What follows are screencasts from runs of a simulation of swarming behavior I wrote in MATLAB a couple of years ago as an exercise of pure curiosity and programming interest. I have always been fascinated by the way an ant colony appears to move with all the individual ants seeming to walk individually and independently, but a sort of overall group level movement also seeming to arise. I was also interested in how macro-level behavior can sometimes emerge from micro-constituents that are each following very simple rules. In the simulations that follow, the rule is exceedingly simple: if any dots get to within a certain “threshold” distance of each other, they all adjust their direction of movement to the average direction of all dots within this distance. I have made it so that both this threshold and the total number of dots are parameters of the simulation.

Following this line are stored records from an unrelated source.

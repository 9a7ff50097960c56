-- ===== src/SchemaNorm/Enums.antt =====
-- The values of `enum`: no null, none twice, and no other is lost.
use mybro.Json.{Value, Fields, array, lookup, insert, remove, as_array, is_null, from_list}
use mybro.Json.Objects.{to_list-from_list, lookup-insert_self, lookup-remove_self, insert_same}
use mybro.Prelude.{
  String, str_eq, eq_iff, ◌≡◌, refl, sym, ap, ◌∙◌, Bool, true, not, ◌||◌, Option, none, some, List,
  [], ◌∷◌, map, filter, filter-true, filter-false, Option-cases, Bool-cases, ◌⊎◌, inl, inr, arith,
}
use mybro.SchemaNorm.{array_at, contains_text, dedupe, put_enum, normalize_enum_field}

abbrev pub not_null : Value → Bool
not_null v = not (is_null v)

-- The values listed under `enum`; none where there is no array.
abbrev pub values : Fields → List Value
values fs = elim (array_at "enum" fs) [ none ↦ [] | some vs ↦ vs ]

array_at-lookup :
    (k : String) (vs : List Value) (fs : Fields)
    → lookup k fs ≡ some (array (from_list vs))
    → array_at k fs ≡ some vs
unfolding as_array
array_at-lookup k vs fs h = rw (array_at, h) (ap some (to_list-from_list vs))

array_at-none : (k : String) (fs : Fields) → lookup k fs ≡ none → array_at k fs ≡ none
array_at-none k fs h = rw (array_at, h) refl

module _ (to_string : Value → String) where
  -- The values that the two passes keep of an array.
  abbrev pub kept_of : List Value → List Value
  kept_of arr = dedupe to_string [] (filter not_null arr)

  dedupe_idem :
      (seen : List String) (vs : List Value)
      → dedupe to_string seen (dedupe to_string seen vs) ≡ dedupe to_string seen vs
  unfolding dedupe
  dedupe_idem seen [] = refl
  dedupe_idem seen (v ∷ vs) = elim (Bool-cases (contains_text (to_string v) seen)) [
    | inl e ↦ rw (dedupe, e) (dedupe_idem seen vs)
    | inr e ↦ rw (dedupe, e) (rw (dedupe, e) (ap (◌∷◌ v) (dedupe_idem (to_string v ∷ seen) vs)))
  ]

  dedupe-filter :
      (seen : List String) (vs : List Value)
      → filter not_null (dedupe to_string seen (filter not_null vs))
        ≡ dedupe to_string seen (filter not_null vs)
  unfolding dedupe
  dedupe-filter seen [] = refl
  dedupe-filter seen (v ∷ vs) = elim (Bool-cases (not_null v)) [
    | inr n ↦ rw (filter-false not_null v vs n) (dedupe-filter seen vs)
    | inl n ↦ elim (Bool-cases (contains_text (to_string v) seen)) [
      | inl e ↦ rw (filter-true not_null v vs n) (rw (dedupe, e) (dedupe-filter seen vs))
      | inr e ↦
          let rest = dedupe to_string (to_string v ∷ seen) (filter not_null vs) in
          rw (filter-true not_null v vs n) (
            rw (dedupe, e)
              (filter-true not_null v rest n ∙ ap (◌∷◌ v) (dedupe-filter (to_string v ∷ seen) vs)))
    ]
  ]

  pub kept_of_idem : (arr : List Value) → kept_of (kept_of arr) ≡ kept_of arr
  kept_of_idem arr =
      ap (dedupe to_string []) (dedupe-filter [] arr) ∙ dedupe_idem [] (filter not_null arr)

  -- The texts of the values that are kept, beside those seen, are those of all values.
  dedupe-texts :
      (k : String) (seen : List String) (vs : List Value)
      → (contains_text k seen || contains_text k (map to_string (dedupe to_string seen vs)))
        ≡ (contains_text k seen || contains_text k (map to_string vs))
  unfolding dedupe
  dedupe-texts k seen [] = refl
  dedupe-texts k seen (v ∷ vs) = elim (Bool-cases (contains_text (to_string v) seen)) [
    | inl e ↦ elim (Bool-cases (str_eq (to_string v) k)) [
      | inl f ↦
          let same : to_string v ≡ k = (eq_iff (to_string v) k).0 f in
          let there : contains_text k seen ≡ true = rw same at e in rw there refl
      | inr f ↦ rw (dedupe, e, f) (dedupe-texts k seen vs)
    ]
    | inr e ↦ let ih = dedupe-texts k (to_string v ∷ seen) vs in rw (dedupe, e) (ground arith)
  ]

  values-put_enum : (ks : List Value) (fs : Fields) → values (put_enum to_string ks fs) ≡ ks
  values-put_enum [] fs =
      rw (values, array_at-none "enum" (remove "enum" fs) (lookup-remove_self "enum" fs)) refl
  values-put_enum (v ∷ vs) fs =
      rw
        (
          values,
          array_at-lookup "enum" (v ∷ vs) (insert "enum" (array (from_list (v ∷ vs))) fs)
              (lookup-insert_self "enum" (array (from_list (v ∷ vs))) fs),
        )
        refl

  -- The field is absent or no array, or an array that the pass would leave.
  pub EnumFixed : Fields → Type 0
  EnumFixed fs =
      (array_at "enum" fs ≡ none)
      ⊎ ((v : Value) × (vs : List Value) × (lookup "enum" fs ≡ some (array (from_list (v ∷ vs))))
          × (kept_of (v ∷ vs) ≡ v ∷ vs))

  pub fixed : (fs : Fields) → EnumFixed fs → normalize_enum_field to_string fs ≡ fs
  unfolding EnumFixed normalize_enum_field
  fixed fs (inl e) = rw (normalize_enum_field, e) refl
  fixed fs (inr (v, vs, at, keep)) =
      let a : array_at "enum" fs ≡ some (v ∷ vs) = array_at-lookup "enum" (v ∷ vs) fs at in
      rw (normalize_enum_field, a, keep) (insert_same "enum" (array (from_list (v ∷ vs))) fs at)

  put_enum-EnumFixed :
      (ks : List Value) (fs : Fields) → kept_of ks ≡ ks → EnumFixed (put_enum to_string ks fs)
  unfolding EnumFixed
  put_enum-EnumFixed [] fs keep =
      inl (array_at-none "enum" (remove "enum" fs) (lookup-remove_self "enum" fs))
  put_enum-EnumFixed (v ∷ vs) fs keep =
      inr (v, vs, lookup-insert_self "enum" (array (from_list (v ∷ vs))) fs, keep)

  pub normalize_enum_field-EnumFixed : (fs : Fields) → EnumFixed (normalize_enum_field to_string fs)
  unfolding normalize_enum_field EnumFixed
  normalize_enum_field-EnumFixed fs = elim (Option-cases (array_at "enum" fs)) [
    | inl e ↦ rw (normalize_enum_field, e) (inl e)
    | inr (arr, e) ↦
        rw (normalize_enum_field, e) (put_enum-EnumFixed (kept_of arr) fs (kept_of_idem arr))
  ]

  pub EnumFixed-lookup :
      (fs gs : Fields) → lookup "enum" fs ≡ lookup "enum" gs → EnumFixed fs → EnumFixed gs
  unfolding EnumFixed
  EnumFixed-lookup fs gs same (inl e) = inl (
      sym
        (ap (λ o. elim o as (λ c. Option (List Value)) [ none ↦ none | some v ↦ as_array v ]) same)
      ∙ e)
  EnumFixed-lookup fs gs same (inr (v, vs, at, keep)) = inr (v, vs, sym same ∙ at, keep)

  -- Of the values of an array under `enum`, those with a text k are kept exactly if some value that is
  -- not null has that text; and the pass changes nothing where it was made before.
  pub normalize_enum_field-values :
      (k : String) (arr : List Value) (fs : Fields)
      → array_at "enum" fs ≡ some arr
      → (values (normalize_enum_field to_string fs) ≡ kept_of arr)
        × (contains_text k (map to_string (kept_of arr))
            ≡ contains_text k (map to_string (filter not_null arr)))
        × (normalize_enum_field to_string (normalize_enum_field to_string fs)
            ≡ normalize_enum_field to_string fs)
  unfolding normalize_enum_field
  normalize_enum_field-values k arr fs e = (
    rw (normalize_enum_field, e) (values-put_enum (kept_of arr) fs),
    dedupe-texts k [] (filter not_null arr),
    fixed (normalize_enum_field to_string fs) (normalize_enum_field-EnumFixed fs),
  )
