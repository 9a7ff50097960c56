-- ===== src/SchemaNorm/Refs.antt =====
-- What becomes of references.
use mybro.Json.{Value, Fields, string, object, end, field, lookup, as_str, fields_len}
use mybro.Prelude.{
  ℕ, zero, suc, String, str_eq, eq_iff, strip_prefix, ◌≡◌, refl, sym, subst, false, none, [],
  Option-cases, Bool-cases, inl, inr, ◌==◌, arith,
}
use mybro.SchemaNorm.{resolve_ref, exact_ref}

resolve_ref_empty : (r : String) → resolve_ref r [] [] ≡ none
unfolding resolve_ref
resolve_ref_empty r = elim (Option-cases (strip_prefix "#/definitions/" r)) [
  | inr (n, e) ↦ rw (resolve_ref, e) refl
  | inl e ↦ elim (Option-cases (strip_prefix "#/$defs/" r)) [
    | inl f ↦ rw (resolve_ref, e, f) refl
    | inr (n, f) ↦ rw (resolve_ref, e, f) refl
  ]
]

-- An object of one field has a reference or definitions, but not both.
ref_only : (v : Value) → exact_ref (field "$ref" v end) [] ≡ none
unfolding exact_ref
ref_only v = elim (Option-cases (as_str v)) [
  | inl e ↦ rw (exact_ref, e) refl
  | inr (s, e) ↦ rw (exact_ref, e) (resolve_ref_empty s)
]

no_target : (k : String) (v : Value) → exact_ref (field k v end) [] ≡ none
unfolding exact_ref fields_len lookup
no_target k v = elim (Bool-cases (str_eq k "$ref")) [
  | inl e ↦
      let same : k ≡ "$ref" = (eq_iff k "$ref").0 e in
      subst (λ j. exact_ref (field j v end) [] ≡ none) (sym same) (ref_only v)
  | inr e ↦ rw (exact_ref, lookup, e) refl
]

pub exact_ref-empty : (fs : Fields) → exact_ref fs [] ≡ none
unfolding exact_ref fields_len lookup
exact_ref-empty end = refl
exact_ref-empty (field k v end) = no_target k v
exact_ref-empty (field k v (field j w fs)) =
    let long : (fields_len (field k v (field j w fs)) == 1) ≡ false = ground arith in
    rw (exact_ref, long) refl

-- A reference to r below n objects, each with the definitions and the reference as a property.
unfoldable pub nested : ℕ → Value → String → Value
nested zero defs r = object (field "$ref" (string r) end)
nested (suc n) defs r =
    object (field "$defs" defs (field "properties" (object (field "id" (nested n defs r) end)) end))

-- A tool whose parameters are the schema.
abbrev pub tool_of : Value → Value
tool_of schema = object (field "function" (object (field "parameters" schema end)) end)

Below is the complete code needed to run the simulation.

function swarms(size,distThresh)
HideCursor;
screens=Screen('Screens');
screenNumber=max(screens);
[w,rect]=Screen('OpenWindow',screenNumber,0,[],32);
[width,height]=RectSize(rect);
cx=width/2;cy=height/2;
cent=[cx;cy];
pos=repmat(cent,1,size)+(200*randn(2,size));
vel=6*randn(2,size);
while 1
Screen('FillOval',w,[255 255 255],vertcat(pos-5,pos+5))
DrawFormattedText(w,['# dots: ' num2str(size)],50,50,[255 255 255]);
DrawFormattedText(w,['thresh: ' num2str(distThresh)],50,80,[255 255 255]);
Screen('Flip',w);
pos=pos+vel;
pos(1,pos(1,:)<0)=width;
pos(1,pos(1,:)>width)=0;
pos(2,pos(2,:)<0)=height;
pos(2,pos(2,:)>height)=0;
for i=1:size
[~,rhoP]=cart2pol(pos(1,:)-pos(1,i),pos(2,:)-pos(2,i));
closeP=find(rhoP<distThresh);
[theV,rhoV]=cart2pol(vel(1,closeP),vel(2,closeP));
[vel(1,i),vel(2,i)]=pol2cart(mean(theV),mean(rhoV));
end
[~,~,buttons]=GetMouse;
if any(buttons);break;end
end
Screen('CloseAll')
ShowCursor;

For this first run of the simulation, I have set the distance threshold to 5 pixel units and the number of dots to 120. As you can see, it seems to take a long time for any swarming behavior to emerge and the dots tend to continue traveling along their mostly independent paths.

So, I then tried increasing this threshold to 20. As expected, we can now observe more clustering emerge much more rapidly and eventually the clusters are all travelling in what seems to be a general overall direction.

Wishing to experiment with this parameter even more, I increased it to 50. At this point, the aggregate movement behavior emerges right away, and we have the appearance of the whole cloud of dots drifting together in a communal direction.

Finally, I tried to increase the number of dots simulated up to 200 while using a medium-sized threshold of 15 pixels. While the memory seems to stutter (note that this is only as a result of taxing my processors to record the screen in addition to running the simulation), we can again see the formation of several distinct groupings of dots that at the end of the simulation seem to be all moving in a similar direction and speed.